*** Opening of DATA ***
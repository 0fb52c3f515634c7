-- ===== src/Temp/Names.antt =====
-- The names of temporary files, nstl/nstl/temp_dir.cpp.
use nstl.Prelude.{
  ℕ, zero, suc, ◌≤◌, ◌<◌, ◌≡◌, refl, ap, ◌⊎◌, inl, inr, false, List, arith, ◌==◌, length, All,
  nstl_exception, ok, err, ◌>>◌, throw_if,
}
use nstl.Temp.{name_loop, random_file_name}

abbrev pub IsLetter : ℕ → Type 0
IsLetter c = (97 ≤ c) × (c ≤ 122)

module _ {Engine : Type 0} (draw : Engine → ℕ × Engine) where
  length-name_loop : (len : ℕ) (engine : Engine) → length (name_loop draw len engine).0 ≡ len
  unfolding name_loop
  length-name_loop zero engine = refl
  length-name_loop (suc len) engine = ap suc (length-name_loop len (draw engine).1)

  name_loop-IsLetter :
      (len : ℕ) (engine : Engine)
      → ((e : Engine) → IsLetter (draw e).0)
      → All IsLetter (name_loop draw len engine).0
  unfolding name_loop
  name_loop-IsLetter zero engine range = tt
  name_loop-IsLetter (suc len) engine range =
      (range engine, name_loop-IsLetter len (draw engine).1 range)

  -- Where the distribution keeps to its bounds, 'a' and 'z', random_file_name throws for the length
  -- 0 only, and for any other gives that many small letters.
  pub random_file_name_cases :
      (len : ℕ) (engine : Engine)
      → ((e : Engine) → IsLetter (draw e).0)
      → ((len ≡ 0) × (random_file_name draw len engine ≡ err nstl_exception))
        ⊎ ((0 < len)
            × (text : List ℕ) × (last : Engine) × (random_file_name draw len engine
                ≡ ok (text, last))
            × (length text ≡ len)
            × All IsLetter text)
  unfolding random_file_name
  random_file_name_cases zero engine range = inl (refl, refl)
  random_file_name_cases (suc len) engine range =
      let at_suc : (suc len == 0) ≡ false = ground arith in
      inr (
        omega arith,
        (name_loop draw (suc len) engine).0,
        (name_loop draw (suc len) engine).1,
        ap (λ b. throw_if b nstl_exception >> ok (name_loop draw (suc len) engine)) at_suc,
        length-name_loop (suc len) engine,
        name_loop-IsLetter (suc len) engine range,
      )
*** Close of DATA ***
TASK ITEM:
Every line above from the line with "(range engine, name_loop-IsLetter" to the line with "ap (λ b. throw_if", both included, must be reproduced exactly, and no other line may appear.

YOUR RESPONSE:
      (range engine, name_loop-IsLetter len (draw engine).1 range)

  -- Where the distribution keeps to its bounds, 'a' and 'z', random_file_name throws for the length
  -- 0 only, and for any other gives that many small letters.
  pub random_file_name_cases :
      (len : ℕ) (engine : Engine)
      → ((e : Engine) → IsLetter (draw e).0)
      → ((len ≡ 0) × (random_file_name draw len engine ≡ err nstl_exception))
        ⊎ ((0 < len)
            × (text : List ℕ) × (last : Engine) × (random_file_name draw len engine
                ≡ ok (text, last))
            × (length text ≡ len)
            × All IsLetter text)
  unfolding random_file_name
  random_file_name_cases zero engine range = inl (refl, refl)
  random_file_name_cases (suc len) engine range =
      let at_suc : (suc len == 0) ≡ false = ground arith in
      inr (
        omega arith,
        (name_loop draw (suc len) engine).0,
        (name_loop draw (suc len) engine).1,
        ap (λ b. throw_if b nstl_exception >> ok (name_loop draw (suc len) engine)) at_suc,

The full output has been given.